Angle = asin(sin(90)*Magnitude(TargetVelocity)/ProjectileSpeed);

Wrong because sin(90) = 1, so you are doing useless calculations here. What you are getting is not the angle, but an arbitrary value based on the ratio of the target's velocity and the projectile speed.

Dist = Tpos - Spos
Dir = Tvel - Sspeed
t = Dist / Tvel

Dist is true, but how does that help you? The target is moving. If you aim where it is now, when you get there it wont be there anymore.

Dir is incorrect because sSpeed is a scalar value, and you can not subtract vectors and scalars.

t is wrong because you cant divide vectors either. t is defined as a quadratic function, at^2 + bt + c. I will not give you the specifics, as this is the answer ;)

This problem is very complex, and a good physics/calc/math background is required to get to the solution. The iterative method is the easiest way to solve it, and it causes the least amount of dizzyness, but it is also extremely slow in most cases (unless you just get lucky and guess really close on the first divide).

Let me give you this bit of help:

The location of the target at any given time t is going to be tPos + Normal(tVel)*t, which is to say the starting position (tPos) + the velocity of the target (tVel) * the amount of time it moved at that velocity (which is constant, so no worries). The same is true for your projectile, except you dont know the velocity because you dont know its direction (you only know its magnitude). The trick is solving for time first, which proves very difficult without the velocity of the projectile, but it is possible!

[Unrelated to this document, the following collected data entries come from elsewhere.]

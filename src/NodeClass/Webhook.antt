-- ===== src/NodeClass/Webhook.antt =====
-- `Default` of pkg/apis/v1alpha1/ecsnodeclass_webhook.go, on the specification of a node class.
pub mod Kept
pub mod Again
pub mod Defaulted
use karpenter_provider_aliba.Prelude.{
  Option, Outcome, String, err, if◌then◌else◌, none, not, ok, pos, some, str_eq,
}
use karpenter_provider_aliba.NodeClass.{EcsNodeClassSpec, MetadataOptions, SystemDiskSpec}
use karpenter_provider_aliba.NodeClass.Disks.{
  DiskError, NormalizedDisks, NormalizedSystemDisk, normalize_disks,
}

-- A performance level that is set unless it is empty.
abbrev pub level_if_set : String → Option String
level_if_set level = if not (str_eq level "") then some level else none

unfoldable pub default_system_disk : NormalizedSystemDisk → Option SystemDiskSpec → SystemDiskSpec
default_system_disk normalized none = record {
  category = normalized.category;
  size = some normalized.size;
  performance_level = level_if_set normalized.performance_level;
  encrypted = none;
  kms_key_id = none;
}
default_system_disk normalized (some disk) = record {
  category = if str_eq disk.category "" then normalized.category else disk.category;
  size = elim disk.size [ none ↦ some normalized.size | some n ↦ some n ];
  performance_level = elim disk.performance_level [
    | none ↦ level_if_set normalized.performance_level
    | some level ↦ some level
  ];
  encrypted = disk.encrypted;
  kms_key_id = disk.kms_key_id;
}

unfoldable pub default_metadata_options : Option MetadataOptions → Option MetadataOptions
default_metadata_options none = none
default_metadata_options (some opts) = some (record {
  http_endpoint = opts.http_endpoint;
  http_tokens = if str_eq opts.http_tokens "" then "optional" else opts.http_tokens;
  http_put_response_hop_limit = elim opts.http_put_response_hop_limit [
    | none ↦ some (pos 1)
    | some n ↦ some n
  ];
})

abbrev pub default_preference : Option String → Option String
default_preference none = some "open"
default_preference (some p) = some p

-- The defaults, by what NormalizeDisks gave.
unfoldable pub fill_in : NormalizedDisks → EcsNodeClassSpec → EcsNodeClassSpec
unfolding default_system_disk default_metadata_options
fill_in normalized spec = record spec {
  system_disk = some (default_system_disk normalized.system_disk spec.system_disk);
  metadata_options = default_metadata_options spec.metadata_options;
  capacity_reservation_preference = default_preference spec.capacity_reservation_preference;
}

-- `Default`
unfoldable pub default_spec : EcsNodeClassSpec → Outcome DiskError EcsNodeClassSpec
unfolding normalize_disks fill_in
default_spec spec = elim (normalize_disks spec) [
  | err e ↦ err e
  | ok normalized ↦ ok (fill_in normalized spec)
]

You know how to find the location of the target and projectile at a given time t...and you know that when those two equations are equal (or very very near it), they are intersecting! You just need to find a way to get t into a quadratic form, so you can solve it for the correct time. Only one of the answers will be correct. You need a good physics (or calc) background to do this. There is also the case where they will never intersect, which you will need to find as well. As my physics teacher always said, "It's easy if you were paying attention, but if you weren't, you're going to fail!"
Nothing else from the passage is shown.